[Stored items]
%%

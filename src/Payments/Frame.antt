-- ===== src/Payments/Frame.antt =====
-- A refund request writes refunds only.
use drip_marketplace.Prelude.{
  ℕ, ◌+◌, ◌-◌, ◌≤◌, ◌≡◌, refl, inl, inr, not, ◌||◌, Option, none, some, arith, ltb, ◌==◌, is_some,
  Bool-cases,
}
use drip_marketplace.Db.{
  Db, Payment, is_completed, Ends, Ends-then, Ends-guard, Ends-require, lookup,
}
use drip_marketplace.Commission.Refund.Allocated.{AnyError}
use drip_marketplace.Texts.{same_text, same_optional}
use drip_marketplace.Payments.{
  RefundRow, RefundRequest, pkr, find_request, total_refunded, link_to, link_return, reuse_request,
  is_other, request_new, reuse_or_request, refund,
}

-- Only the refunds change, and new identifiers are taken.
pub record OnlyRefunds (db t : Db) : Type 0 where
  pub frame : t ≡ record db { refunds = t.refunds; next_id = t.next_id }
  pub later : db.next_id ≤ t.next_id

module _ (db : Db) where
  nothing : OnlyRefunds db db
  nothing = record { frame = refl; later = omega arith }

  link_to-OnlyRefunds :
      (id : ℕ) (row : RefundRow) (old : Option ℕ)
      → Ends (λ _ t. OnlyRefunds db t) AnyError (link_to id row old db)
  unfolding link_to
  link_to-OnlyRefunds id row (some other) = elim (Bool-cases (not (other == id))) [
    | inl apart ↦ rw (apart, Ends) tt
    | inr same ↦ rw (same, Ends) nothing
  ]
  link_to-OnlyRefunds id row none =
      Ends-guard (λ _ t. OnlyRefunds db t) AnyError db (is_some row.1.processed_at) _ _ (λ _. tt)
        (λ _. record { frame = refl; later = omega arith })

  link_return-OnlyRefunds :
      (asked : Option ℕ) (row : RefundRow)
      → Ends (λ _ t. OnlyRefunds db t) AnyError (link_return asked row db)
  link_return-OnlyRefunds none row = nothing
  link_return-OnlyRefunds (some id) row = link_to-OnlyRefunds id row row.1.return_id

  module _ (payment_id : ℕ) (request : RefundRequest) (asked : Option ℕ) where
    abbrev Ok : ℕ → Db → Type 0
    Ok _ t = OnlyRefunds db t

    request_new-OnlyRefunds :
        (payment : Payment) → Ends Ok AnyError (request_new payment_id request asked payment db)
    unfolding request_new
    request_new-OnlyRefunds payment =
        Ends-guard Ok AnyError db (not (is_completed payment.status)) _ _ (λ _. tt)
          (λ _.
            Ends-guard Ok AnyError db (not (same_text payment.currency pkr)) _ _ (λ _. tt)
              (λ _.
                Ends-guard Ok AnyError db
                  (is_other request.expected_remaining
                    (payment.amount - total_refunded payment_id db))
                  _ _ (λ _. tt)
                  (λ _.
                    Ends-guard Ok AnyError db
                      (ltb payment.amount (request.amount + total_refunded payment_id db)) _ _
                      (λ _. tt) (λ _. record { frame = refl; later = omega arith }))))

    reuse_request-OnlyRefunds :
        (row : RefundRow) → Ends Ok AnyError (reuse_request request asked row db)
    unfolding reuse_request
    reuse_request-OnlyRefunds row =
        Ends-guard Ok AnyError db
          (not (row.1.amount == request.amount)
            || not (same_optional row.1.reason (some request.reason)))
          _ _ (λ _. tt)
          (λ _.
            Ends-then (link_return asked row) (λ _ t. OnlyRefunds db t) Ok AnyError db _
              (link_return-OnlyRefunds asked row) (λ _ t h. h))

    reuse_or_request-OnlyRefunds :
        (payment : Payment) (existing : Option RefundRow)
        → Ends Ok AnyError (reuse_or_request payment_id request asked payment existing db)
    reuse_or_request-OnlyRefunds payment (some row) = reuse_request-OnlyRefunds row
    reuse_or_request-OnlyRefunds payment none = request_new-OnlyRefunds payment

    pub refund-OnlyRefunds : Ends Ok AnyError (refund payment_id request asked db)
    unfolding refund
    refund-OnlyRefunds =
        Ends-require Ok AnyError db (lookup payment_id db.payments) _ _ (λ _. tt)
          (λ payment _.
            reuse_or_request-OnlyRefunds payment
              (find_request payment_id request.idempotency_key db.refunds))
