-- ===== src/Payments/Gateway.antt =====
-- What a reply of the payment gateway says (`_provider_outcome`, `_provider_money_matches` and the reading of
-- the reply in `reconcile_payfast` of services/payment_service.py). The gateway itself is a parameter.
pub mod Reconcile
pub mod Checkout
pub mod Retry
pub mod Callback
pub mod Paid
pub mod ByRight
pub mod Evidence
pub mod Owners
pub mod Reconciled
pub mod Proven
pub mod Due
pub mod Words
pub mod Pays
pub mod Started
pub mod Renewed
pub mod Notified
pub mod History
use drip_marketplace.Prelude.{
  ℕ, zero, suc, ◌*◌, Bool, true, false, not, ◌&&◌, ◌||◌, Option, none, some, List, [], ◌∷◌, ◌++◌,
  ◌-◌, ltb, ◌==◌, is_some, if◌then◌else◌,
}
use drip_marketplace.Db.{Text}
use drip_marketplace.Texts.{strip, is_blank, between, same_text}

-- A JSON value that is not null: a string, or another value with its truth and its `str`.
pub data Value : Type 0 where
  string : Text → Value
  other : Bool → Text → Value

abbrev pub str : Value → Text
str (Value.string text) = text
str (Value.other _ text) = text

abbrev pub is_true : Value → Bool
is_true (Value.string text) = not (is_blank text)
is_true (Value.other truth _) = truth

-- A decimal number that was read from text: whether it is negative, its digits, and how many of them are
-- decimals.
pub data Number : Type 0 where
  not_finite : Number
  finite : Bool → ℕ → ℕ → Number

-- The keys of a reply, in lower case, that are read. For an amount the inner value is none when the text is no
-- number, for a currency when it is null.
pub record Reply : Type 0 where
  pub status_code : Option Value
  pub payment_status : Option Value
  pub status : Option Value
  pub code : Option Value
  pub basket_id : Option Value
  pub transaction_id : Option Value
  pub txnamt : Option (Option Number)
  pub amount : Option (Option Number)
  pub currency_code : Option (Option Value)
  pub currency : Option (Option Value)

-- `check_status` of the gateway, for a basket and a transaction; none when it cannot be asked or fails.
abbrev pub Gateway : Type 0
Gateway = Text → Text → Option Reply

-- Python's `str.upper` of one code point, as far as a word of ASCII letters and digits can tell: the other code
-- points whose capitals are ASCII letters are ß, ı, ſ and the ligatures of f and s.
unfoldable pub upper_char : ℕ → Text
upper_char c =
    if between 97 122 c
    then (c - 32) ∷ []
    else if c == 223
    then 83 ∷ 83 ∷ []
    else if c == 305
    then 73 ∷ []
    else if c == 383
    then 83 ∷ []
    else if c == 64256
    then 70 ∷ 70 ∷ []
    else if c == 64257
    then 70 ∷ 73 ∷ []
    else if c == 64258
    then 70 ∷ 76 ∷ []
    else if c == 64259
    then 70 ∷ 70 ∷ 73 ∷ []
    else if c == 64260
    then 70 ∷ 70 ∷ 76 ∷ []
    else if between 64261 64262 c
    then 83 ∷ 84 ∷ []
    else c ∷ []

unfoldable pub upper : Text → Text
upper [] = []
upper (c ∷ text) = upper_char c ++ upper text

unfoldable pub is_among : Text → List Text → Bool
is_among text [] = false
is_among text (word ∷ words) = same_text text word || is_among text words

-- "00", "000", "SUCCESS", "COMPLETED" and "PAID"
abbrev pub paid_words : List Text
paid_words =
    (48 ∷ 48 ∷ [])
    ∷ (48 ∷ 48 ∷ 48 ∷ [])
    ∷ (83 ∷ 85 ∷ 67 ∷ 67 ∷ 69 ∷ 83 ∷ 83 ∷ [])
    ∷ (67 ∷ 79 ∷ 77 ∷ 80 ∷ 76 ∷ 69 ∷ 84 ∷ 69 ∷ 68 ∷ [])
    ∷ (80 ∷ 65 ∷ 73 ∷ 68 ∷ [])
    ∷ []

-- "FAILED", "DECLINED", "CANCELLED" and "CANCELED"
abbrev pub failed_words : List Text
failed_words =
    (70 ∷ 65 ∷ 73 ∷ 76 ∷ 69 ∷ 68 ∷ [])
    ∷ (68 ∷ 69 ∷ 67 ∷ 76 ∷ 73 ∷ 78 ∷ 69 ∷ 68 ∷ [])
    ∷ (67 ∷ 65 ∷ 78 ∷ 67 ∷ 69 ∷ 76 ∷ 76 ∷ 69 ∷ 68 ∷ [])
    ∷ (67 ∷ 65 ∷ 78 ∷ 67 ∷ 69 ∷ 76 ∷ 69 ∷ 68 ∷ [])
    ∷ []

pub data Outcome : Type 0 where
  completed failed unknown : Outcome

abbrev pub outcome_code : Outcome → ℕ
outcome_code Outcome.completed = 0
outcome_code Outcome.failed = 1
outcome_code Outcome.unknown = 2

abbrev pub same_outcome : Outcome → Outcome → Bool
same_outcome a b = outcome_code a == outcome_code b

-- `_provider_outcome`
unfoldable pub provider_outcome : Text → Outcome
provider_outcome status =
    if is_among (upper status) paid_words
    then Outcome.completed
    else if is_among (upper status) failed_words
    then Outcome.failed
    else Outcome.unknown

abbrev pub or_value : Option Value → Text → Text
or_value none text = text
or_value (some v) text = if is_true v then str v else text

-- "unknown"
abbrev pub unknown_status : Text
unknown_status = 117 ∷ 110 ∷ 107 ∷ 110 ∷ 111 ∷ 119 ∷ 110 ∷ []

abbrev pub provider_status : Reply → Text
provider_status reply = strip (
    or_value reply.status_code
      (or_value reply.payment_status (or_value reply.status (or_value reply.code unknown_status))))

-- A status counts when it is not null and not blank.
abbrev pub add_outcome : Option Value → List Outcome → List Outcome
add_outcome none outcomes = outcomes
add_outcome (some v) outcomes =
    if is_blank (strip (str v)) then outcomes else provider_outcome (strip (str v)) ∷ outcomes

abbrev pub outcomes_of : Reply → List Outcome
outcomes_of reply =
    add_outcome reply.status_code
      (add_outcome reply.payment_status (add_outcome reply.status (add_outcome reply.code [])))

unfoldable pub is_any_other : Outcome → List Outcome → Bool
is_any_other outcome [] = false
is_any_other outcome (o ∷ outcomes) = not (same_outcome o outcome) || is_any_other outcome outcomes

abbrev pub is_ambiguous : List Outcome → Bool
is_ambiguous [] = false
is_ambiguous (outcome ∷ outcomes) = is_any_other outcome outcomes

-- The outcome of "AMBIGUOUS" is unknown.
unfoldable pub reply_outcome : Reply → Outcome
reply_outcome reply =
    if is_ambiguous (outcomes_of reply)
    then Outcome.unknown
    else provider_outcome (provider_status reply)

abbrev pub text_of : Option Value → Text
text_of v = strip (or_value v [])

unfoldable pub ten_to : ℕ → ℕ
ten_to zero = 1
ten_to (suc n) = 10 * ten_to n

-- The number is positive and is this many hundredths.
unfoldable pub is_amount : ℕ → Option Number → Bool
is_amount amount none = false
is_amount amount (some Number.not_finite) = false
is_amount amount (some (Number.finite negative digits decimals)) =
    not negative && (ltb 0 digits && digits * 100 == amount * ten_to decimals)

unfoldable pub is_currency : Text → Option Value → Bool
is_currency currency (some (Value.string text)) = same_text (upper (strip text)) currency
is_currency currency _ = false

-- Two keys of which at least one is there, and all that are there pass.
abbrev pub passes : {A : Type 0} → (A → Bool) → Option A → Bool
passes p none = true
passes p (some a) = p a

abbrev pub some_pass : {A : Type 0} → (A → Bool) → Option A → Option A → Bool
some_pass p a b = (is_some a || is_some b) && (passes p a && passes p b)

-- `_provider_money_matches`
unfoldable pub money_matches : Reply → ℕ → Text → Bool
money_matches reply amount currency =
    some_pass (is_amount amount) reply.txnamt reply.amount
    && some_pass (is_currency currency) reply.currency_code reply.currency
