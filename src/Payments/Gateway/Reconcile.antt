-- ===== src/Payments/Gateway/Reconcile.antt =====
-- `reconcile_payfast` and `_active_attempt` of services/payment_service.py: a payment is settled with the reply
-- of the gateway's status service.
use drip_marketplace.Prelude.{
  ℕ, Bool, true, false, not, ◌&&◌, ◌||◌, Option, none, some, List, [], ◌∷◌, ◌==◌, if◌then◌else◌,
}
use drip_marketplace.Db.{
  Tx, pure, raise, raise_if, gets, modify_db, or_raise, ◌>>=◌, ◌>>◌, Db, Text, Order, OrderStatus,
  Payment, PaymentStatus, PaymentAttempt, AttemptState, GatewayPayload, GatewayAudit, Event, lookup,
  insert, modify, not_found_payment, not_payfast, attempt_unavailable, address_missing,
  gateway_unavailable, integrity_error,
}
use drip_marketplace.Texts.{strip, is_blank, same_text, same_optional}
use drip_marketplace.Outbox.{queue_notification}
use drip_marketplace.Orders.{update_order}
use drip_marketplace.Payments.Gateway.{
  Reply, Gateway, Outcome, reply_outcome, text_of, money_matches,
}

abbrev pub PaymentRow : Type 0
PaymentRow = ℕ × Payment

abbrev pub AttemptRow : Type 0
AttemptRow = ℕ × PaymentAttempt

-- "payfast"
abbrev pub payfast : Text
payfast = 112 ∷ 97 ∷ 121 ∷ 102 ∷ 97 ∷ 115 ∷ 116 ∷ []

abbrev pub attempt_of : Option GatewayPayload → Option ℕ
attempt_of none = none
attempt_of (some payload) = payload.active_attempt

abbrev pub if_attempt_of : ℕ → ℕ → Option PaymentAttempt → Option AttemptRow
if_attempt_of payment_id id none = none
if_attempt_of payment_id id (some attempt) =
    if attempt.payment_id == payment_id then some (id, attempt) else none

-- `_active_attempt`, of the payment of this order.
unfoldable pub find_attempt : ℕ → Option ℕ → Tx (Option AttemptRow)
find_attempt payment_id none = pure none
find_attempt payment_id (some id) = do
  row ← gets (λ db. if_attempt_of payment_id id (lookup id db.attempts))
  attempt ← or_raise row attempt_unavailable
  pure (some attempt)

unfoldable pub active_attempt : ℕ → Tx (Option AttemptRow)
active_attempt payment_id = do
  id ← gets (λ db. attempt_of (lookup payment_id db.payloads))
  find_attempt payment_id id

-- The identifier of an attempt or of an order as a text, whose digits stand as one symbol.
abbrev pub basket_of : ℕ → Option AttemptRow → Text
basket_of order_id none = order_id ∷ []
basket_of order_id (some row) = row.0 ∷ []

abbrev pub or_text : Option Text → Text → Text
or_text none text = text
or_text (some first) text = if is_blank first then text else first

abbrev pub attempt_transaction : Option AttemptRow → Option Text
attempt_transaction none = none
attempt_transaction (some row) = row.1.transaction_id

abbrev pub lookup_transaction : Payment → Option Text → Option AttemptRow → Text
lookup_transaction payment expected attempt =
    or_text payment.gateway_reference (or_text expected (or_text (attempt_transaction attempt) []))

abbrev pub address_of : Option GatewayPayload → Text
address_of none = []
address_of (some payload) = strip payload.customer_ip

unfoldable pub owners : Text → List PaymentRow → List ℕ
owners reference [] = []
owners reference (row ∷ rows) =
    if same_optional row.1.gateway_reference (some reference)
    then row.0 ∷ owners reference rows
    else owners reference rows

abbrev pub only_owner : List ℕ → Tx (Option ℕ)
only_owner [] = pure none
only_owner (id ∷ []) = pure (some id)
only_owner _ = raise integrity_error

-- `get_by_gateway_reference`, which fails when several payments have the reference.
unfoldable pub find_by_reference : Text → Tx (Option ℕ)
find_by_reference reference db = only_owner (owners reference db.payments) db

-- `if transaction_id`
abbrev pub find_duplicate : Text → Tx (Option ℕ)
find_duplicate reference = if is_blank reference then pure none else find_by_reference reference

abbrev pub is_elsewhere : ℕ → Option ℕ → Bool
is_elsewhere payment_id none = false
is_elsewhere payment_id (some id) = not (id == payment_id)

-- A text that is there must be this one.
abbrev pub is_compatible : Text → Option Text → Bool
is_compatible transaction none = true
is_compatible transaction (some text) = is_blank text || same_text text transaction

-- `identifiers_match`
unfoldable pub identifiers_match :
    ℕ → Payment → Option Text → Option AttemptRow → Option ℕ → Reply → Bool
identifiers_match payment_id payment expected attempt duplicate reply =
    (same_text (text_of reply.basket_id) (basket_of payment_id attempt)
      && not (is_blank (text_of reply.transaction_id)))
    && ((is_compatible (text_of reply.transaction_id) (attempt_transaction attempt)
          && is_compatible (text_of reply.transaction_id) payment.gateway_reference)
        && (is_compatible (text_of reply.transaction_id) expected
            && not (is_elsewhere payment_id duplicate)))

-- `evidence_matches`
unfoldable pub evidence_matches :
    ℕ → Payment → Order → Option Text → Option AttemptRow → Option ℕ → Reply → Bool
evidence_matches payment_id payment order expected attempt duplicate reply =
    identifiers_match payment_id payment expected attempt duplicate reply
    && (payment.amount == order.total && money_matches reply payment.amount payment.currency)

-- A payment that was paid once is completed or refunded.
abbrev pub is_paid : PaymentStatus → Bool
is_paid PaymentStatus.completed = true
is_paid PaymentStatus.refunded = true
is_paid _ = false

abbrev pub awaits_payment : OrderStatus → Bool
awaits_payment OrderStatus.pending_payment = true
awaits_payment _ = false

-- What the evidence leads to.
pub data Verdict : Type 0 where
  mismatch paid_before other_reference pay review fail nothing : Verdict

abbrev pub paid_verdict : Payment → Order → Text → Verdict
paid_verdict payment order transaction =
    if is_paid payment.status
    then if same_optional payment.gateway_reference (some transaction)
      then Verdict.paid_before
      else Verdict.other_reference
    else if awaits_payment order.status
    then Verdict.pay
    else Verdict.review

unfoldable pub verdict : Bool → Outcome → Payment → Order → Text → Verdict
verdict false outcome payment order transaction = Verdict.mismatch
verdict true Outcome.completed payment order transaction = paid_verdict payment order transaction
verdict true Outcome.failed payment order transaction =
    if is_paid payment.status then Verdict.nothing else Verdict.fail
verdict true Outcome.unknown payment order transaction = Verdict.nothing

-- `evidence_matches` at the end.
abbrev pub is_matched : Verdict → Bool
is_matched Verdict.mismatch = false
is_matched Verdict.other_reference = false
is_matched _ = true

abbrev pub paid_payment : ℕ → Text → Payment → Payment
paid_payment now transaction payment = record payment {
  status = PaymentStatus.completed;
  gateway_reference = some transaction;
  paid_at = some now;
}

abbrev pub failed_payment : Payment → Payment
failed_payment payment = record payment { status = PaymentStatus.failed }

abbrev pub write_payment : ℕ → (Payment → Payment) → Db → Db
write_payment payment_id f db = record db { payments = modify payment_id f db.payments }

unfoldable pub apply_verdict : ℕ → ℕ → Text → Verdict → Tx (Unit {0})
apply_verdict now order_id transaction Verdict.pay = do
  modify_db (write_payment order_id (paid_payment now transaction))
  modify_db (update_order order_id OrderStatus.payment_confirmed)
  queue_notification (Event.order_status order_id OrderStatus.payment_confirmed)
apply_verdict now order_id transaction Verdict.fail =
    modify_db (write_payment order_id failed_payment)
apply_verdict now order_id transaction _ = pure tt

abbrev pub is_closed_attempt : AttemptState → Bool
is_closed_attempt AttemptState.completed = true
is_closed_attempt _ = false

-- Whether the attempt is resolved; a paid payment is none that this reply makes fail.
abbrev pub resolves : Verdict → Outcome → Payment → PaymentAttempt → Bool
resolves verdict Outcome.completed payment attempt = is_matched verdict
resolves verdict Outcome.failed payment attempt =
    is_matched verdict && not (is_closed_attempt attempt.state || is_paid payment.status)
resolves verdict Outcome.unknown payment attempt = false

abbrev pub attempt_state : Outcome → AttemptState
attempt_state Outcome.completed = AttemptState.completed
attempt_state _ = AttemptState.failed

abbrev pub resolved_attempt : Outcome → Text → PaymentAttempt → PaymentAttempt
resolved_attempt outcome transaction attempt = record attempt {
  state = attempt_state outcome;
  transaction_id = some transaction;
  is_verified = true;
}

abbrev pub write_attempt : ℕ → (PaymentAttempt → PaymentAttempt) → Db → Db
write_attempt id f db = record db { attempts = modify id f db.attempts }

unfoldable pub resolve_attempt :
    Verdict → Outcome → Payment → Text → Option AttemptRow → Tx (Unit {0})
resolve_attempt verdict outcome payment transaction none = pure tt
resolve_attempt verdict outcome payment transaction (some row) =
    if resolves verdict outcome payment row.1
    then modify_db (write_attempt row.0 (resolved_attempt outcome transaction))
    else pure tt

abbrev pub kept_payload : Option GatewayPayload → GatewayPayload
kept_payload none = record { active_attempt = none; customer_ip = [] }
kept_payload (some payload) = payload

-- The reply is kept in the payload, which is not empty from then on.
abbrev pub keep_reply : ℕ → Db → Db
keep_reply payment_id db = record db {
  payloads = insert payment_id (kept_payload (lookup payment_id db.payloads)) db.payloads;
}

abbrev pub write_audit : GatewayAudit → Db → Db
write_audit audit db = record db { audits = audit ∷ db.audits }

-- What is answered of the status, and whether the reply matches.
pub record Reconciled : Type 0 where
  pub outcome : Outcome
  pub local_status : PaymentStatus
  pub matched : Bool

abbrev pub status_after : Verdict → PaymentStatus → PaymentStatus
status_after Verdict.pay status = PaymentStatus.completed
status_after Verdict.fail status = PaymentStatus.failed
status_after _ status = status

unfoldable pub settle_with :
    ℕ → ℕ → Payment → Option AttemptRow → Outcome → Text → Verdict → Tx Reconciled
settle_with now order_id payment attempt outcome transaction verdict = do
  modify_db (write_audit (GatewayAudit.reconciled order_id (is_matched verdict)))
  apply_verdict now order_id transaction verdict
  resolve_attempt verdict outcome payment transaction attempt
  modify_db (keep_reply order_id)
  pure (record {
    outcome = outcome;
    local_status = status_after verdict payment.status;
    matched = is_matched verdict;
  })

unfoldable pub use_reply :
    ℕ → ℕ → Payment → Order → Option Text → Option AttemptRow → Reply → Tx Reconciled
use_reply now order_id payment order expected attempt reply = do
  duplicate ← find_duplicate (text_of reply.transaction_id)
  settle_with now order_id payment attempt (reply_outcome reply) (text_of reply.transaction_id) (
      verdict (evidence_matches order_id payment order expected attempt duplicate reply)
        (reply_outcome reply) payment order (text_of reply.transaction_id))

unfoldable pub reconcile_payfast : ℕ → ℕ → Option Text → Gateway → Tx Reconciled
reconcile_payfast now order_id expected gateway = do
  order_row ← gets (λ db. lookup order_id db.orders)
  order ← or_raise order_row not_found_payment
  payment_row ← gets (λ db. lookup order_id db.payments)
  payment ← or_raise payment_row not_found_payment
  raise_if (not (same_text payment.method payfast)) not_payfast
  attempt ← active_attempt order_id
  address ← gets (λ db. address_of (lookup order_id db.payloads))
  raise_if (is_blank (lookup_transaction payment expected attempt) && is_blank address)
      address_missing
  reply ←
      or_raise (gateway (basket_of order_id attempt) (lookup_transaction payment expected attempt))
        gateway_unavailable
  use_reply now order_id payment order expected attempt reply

%%

Copy the lines above exactly. Start with the line containing "transaction_id = some transaction;", end with the line containing "Verdict → Outcome → Payment → Text", and include both.

  transaction_id = some transaction;
  is_verified = true;
}

abbrev pub write_attempt : ℕ → (PaymentAttempt → PaymentAttempt) → Db → Db
write_attempt id f db = record db { attempts = modify id f db.attempts }

unfoldable pub resolve_attempt :
    Verdict → Outcome → Payment → Text → Option AttemptRow → Tx (Unit {0})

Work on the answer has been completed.